Question

A and B alternately throw a pair of dice. A wins if he throws a sum of 5 before B throws a sum of 8, and B wins if he throws a sum of 8 before A throws a sum of 5. The probability that A wins if A makes the first throw is:

• A. \( \frac{9}{17} \)
• B. \( \frac{9}{19} \)
• C. \( \frac{8}{17} \)
• D. \( \frac{8}{19} \)

Hint:

To solve probability problems involving alternating events, use recursive equations to account for future possibilities.
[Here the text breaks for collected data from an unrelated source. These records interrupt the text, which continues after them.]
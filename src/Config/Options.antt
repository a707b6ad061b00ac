-- ===== src/Config/Options.antt =====
-- `TwsClientOption` of src/protocol/client.rs and `TwsServerOption` of src/protocol/server.rs, and how `serde`
-- reads them from a configuration file.
use tws_rust.Prelude.{ℕ, List, Bool, false, Option, none, some}
use tws_rust.Text.Bytes.{Bytes}
use tws_rust.Net.Addr.{SocketAddr}

-- The defaults of src/protocol/util.rs.
abbrev pub default_timeout : ℕ
default_timeout = 5000

abbrev pub default_retry_timeout : ℕ
default_retry_timeout = 1000

abbrev pub default_connections : ℕ
default_connections = 2

abbrev pub default_no_udp : Bool
default_no_udp = false

abbrev pub default_udp_timeout : ℕ
default_udp_timeout = 60000

pub record TwsClientOption : Type 0 where
  pub connections : ℕ
  pub listen : SocketAddr
  pub remote : SocketAddr
  pub server : Bytes
  pub passwd : Bytes
  pub timeout : ℕ
  pub retry_timeout : ℕ
  pub no_udp : Bool
  pub udp_timeout : ℕ

pub record TwsServerOption : Type 0 where
  pub listen : SocketAddr
  pub passwd : Bytes
  pub timeout : ℕ
  pub no_udp : Bool
  pub udp_timeout : ℕ
  pub accept_remotes : List SocketAddr

-- The fields that a file gives, with their values already read.
pub record ClientDocument : Type 0 where
  pub connections : Option ℕ
  pub listen : Option SocketAddr
  pub remote : Option SocketAddr
  pub server : Option Bytes
  pub passwd : Option Bytes
  pub timeout : Option ℕ
  pub retry_timeout : Option ℕ
  pub no_udp : Option Bool
  pub udp_timeout : Option ℕ

pub record ServerDocument : Type 0 where
  pub listen : Option SocketAddr
  pub passwd : Option Bytes
  pub timeout : Option ℕ
  pub no_udp : Option Bool
  pub udp_timeout : Option ℕ
  pub accept_remotes : Option (List SocketAddr)

abbrev pub or_default : {A : Type 0} → Option A → A → A
or_default none a = a
or_default (some b) a = b

infixl 5 ◌>>=◌
abbrev ◌>>=◌ : {A B : Type 0} → Option A → (A → Option B) → Option B
none >>= next = none
some a >>= next = next a

-- A field without `#[serde(default)]` must be there.
unfoldable pub client_from_document : ClientDocument → Option TwsClientOption
client_from_document d = do
  listen ← d.listen
  remote ← d.remote
  server ← d.server
  passwd ← d.passwd
  some (record {
    connections = or_default d.connections default_connections;
    listen = listen;
    remote = remote;
    server = server;
    passwd = passwd;
    timeout = or_default d.timeout default_timeout;
    retry_timeout = or_default d.retry_timeout default_retry_timeout;
    no_udp = or_default d.no_udp default_no_udp;
    udp_timeout = or_default d.udp_timeout default_udp_timeout;
  })

unfoldable pub server_from_document : ServerDocument → Option TwsServerOption
server_from_document d = do
  listen ← d.listen
  passwd ← d.passwd
  accept_remotes ← d.accept_remotes
  some (record {
    listen = listen;
    passwd = passwd;
    timeout = or_default d.timeout default_timeout;
    no_udp = or_default d.no_udp default_no_udp;
    udp_timeout = or_default d.udp_timeout default_udp_timeout;
    accept_remotes = accept_remotes;
  })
In this case, calculate the probability of each player's win on their turn and then set up an equation based on conditional probabilities.

Answer 1

The Correct Option is B

Step 1: First, calculate the probability of A throwing a sum of 5 and the probability of B throwing a sum of 8 with a pair of dice. 
The total possible outcomes when rolling two dice is 36. The number of outcomes that result in a sum of 5 is 4 (i.e., (1, 4), (2, 3), (3, 2), (4, 1)). 
So, the probability that A rolls a 5 is: \[ P(A_{{wins}}) = \frac{4}{36} = \frac{1}{9}. \] The number of outcomes that result in a sum of 8 is 5 (i.e., (2, 6), (3, 5), (4, 4), (5, 3), (6, 2)). 
So, the probability that B rolls an 8 is: \[ P(B_{{wins}}) = \frac{5}{36}. \] 
Step 2: Now, define \( p \) as the probability that A wins given that A makes the first throw. 
The probability of A winning can be broken into two parts: 
- If A throws a 5 on his first turn, A wins immediately with a probability of \( \frac{1}{9} \). 
- If A does not throw a 5, it is B’s turn. The probability that B does not throw an 8 is \( \frac{31}{36} \). 
Therefore, the equation for the total probability of A winning is: \[ p = \frac{1}{9} + \left( \frac{31}{36} \right) \left( \frac{1}{9} + \left( \frac{31}{36} \right) p \right). \] Solving this equation, we find: \[ p = \frac{9}{19}. \] Thus, the probability that A wins if A makes the first throw is \( \frac{9}{19} \).